[Stored entries]

= = = = = = =

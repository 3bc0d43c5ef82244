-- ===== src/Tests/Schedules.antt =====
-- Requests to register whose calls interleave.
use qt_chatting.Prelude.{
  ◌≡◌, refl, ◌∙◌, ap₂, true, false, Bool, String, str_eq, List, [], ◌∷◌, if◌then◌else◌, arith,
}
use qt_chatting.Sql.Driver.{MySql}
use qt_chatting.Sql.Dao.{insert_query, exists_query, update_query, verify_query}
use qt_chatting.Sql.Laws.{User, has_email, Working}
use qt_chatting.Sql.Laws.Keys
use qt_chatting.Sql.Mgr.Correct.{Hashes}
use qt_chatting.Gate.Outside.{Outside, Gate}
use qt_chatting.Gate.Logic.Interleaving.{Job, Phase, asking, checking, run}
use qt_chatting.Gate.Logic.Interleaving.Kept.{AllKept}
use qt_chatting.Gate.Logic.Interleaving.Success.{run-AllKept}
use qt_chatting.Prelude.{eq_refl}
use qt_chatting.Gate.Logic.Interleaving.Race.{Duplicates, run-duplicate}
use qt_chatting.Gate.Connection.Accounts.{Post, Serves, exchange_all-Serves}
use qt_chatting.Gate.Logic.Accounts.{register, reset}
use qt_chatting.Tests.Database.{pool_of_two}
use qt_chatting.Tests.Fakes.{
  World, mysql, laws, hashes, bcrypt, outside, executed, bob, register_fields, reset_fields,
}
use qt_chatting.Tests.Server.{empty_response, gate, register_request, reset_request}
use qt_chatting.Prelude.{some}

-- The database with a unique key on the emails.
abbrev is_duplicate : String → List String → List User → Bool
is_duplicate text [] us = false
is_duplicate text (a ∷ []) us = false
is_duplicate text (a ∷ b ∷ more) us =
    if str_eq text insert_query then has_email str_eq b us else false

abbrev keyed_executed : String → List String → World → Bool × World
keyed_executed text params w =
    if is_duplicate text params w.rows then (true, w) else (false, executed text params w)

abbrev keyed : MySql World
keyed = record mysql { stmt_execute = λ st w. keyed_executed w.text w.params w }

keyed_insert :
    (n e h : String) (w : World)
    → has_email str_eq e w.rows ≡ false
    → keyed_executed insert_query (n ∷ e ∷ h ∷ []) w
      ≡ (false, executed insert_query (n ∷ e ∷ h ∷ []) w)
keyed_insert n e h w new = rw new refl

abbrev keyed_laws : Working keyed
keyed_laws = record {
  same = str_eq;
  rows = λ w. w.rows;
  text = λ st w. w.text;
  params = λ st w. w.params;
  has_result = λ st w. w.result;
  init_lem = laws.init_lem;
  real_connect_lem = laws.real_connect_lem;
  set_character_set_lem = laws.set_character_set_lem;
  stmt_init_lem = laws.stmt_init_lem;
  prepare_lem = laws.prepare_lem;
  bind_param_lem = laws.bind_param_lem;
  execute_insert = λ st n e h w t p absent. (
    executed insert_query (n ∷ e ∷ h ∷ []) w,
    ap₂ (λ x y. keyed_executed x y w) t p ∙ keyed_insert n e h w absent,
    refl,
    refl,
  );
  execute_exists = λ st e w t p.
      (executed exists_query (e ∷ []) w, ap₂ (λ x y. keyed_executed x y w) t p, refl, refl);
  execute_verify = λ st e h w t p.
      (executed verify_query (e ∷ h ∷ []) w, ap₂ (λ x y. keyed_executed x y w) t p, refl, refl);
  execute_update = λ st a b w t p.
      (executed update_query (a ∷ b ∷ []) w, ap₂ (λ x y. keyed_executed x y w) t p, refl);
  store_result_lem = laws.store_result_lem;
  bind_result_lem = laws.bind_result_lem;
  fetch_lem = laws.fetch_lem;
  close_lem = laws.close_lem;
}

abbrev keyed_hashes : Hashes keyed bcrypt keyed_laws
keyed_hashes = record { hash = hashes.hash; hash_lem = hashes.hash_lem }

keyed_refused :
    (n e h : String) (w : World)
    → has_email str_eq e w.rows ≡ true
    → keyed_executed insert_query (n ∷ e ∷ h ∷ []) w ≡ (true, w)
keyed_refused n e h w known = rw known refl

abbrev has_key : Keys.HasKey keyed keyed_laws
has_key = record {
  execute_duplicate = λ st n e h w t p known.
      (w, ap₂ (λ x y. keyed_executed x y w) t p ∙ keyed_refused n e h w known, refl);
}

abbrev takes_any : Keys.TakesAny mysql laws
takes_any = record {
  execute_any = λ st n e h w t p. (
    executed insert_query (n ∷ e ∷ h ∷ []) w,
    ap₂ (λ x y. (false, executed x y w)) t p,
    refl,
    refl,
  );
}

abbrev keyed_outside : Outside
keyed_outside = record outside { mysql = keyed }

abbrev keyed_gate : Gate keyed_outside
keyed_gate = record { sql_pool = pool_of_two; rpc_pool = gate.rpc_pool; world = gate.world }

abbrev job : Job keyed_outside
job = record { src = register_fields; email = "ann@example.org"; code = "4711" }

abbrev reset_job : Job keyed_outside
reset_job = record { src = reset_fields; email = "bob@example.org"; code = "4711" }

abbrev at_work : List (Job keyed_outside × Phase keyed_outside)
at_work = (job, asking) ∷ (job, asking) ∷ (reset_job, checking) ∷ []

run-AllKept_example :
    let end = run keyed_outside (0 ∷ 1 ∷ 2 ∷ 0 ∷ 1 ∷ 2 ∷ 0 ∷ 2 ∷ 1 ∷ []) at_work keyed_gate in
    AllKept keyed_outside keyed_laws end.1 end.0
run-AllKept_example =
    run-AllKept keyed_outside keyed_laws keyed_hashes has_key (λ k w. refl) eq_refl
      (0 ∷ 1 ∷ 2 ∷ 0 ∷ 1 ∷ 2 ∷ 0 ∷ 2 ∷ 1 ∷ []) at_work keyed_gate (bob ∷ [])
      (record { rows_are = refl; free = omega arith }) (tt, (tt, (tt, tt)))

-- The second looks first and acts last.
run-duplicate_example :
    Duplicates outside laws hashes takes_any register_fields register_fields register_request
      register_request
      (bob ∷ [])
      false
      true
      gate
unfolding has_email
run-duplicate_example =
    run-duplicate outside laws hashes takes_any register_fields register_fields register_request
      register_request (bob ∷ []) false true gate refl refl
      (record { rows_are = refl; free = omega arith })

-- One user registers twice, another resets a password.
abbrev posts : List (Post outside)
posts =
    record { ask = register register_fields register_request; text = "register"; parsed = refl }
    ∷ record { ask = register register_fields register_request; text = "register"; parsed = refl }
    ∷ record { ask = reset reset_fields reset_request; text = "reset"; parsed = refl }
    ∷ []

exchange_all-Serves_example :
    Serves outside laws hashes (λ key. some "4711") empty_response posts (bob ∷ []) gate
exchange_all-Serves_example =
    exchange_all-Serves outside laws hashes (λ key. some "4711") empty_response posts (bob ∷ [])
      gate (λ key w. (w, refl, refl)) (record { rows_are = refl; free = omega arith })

= = = = = = =

DESCRIPTION OF THE TASK: Your answer must be the lines from the first line of the records through the line containing "keyed_executed text params", copied exactly.

ANSWER BOX:
repository 3bc0d43c5ef82244
-- ===== src/Tests/Schedules.antt =====
-- Requests to register whose calls interleave.
use qt_chatting.Prelude.{
  ◌≡◌, refl, ◌∙◌, ap₂, true, false, Bool, String, str_eq, List, [], ◌∷◌, if◌then◌else◌, arith,
}
use qt_chatting.Sql.Driver.{MySql}
use qt_chatting.Sql.Dao.{insert_query, exists_query, update_query, verify_query}
use qt_chatting.Sql.Laws.{User, has_email, Working}
use qt_chatting.Sql.Laws.Keys
use qt_chatting.Sql.Mgr.Correct.{Hashes}
use qt_chatting.Gate.Outside.{Outside, Gate}
use qt_chatting.Gate.Logic.Interleaving.{Job, Phase, asking, checking, run}
use qt_chatting.Gate.Logic.Interleaving.Kept.{AllKept}
use qt_chatting.Gate.Logic.Interleaving.Success.{run-AllKept}
use qt_chatting.Prelude.{eq_refl}
use qt_chatting.Gate.Logic.Interleaving.Race.{Duplicates, run-duplicate}
use qt_chatting.Gate.Connection.Accounts.{Post, Serves, exchange_all-Serves}
use qt_chatting.Gate.Logic.Accounts.{register, reset}
use qt_chatting.Tests.Database.{pool_of_two}
use qt_chatting.Tests.Fakes.{
  World, mysql, laws, hashes, bcrypt, outside, executed, bob, register_fields, reset_fields,
}
use qt_chatting.Tests.Server.{empty_response, gate, register_request, reset_request}
use qt_chatting.Prelude.{some}

-- The database with a unique key on the emails.
abbrev is_duplicate : String → List String → List User → Bool
is_duplicate text [] us = false
is_duplicate text (a ∷ []) us = false
is_duplicate text (a ∷ b ∷ more) us =
    if str_eq text insert_query then has_email str_eq b us else false

abbrev keyed_executed : String → List String → World → Bool × World
keyed_executed text params w =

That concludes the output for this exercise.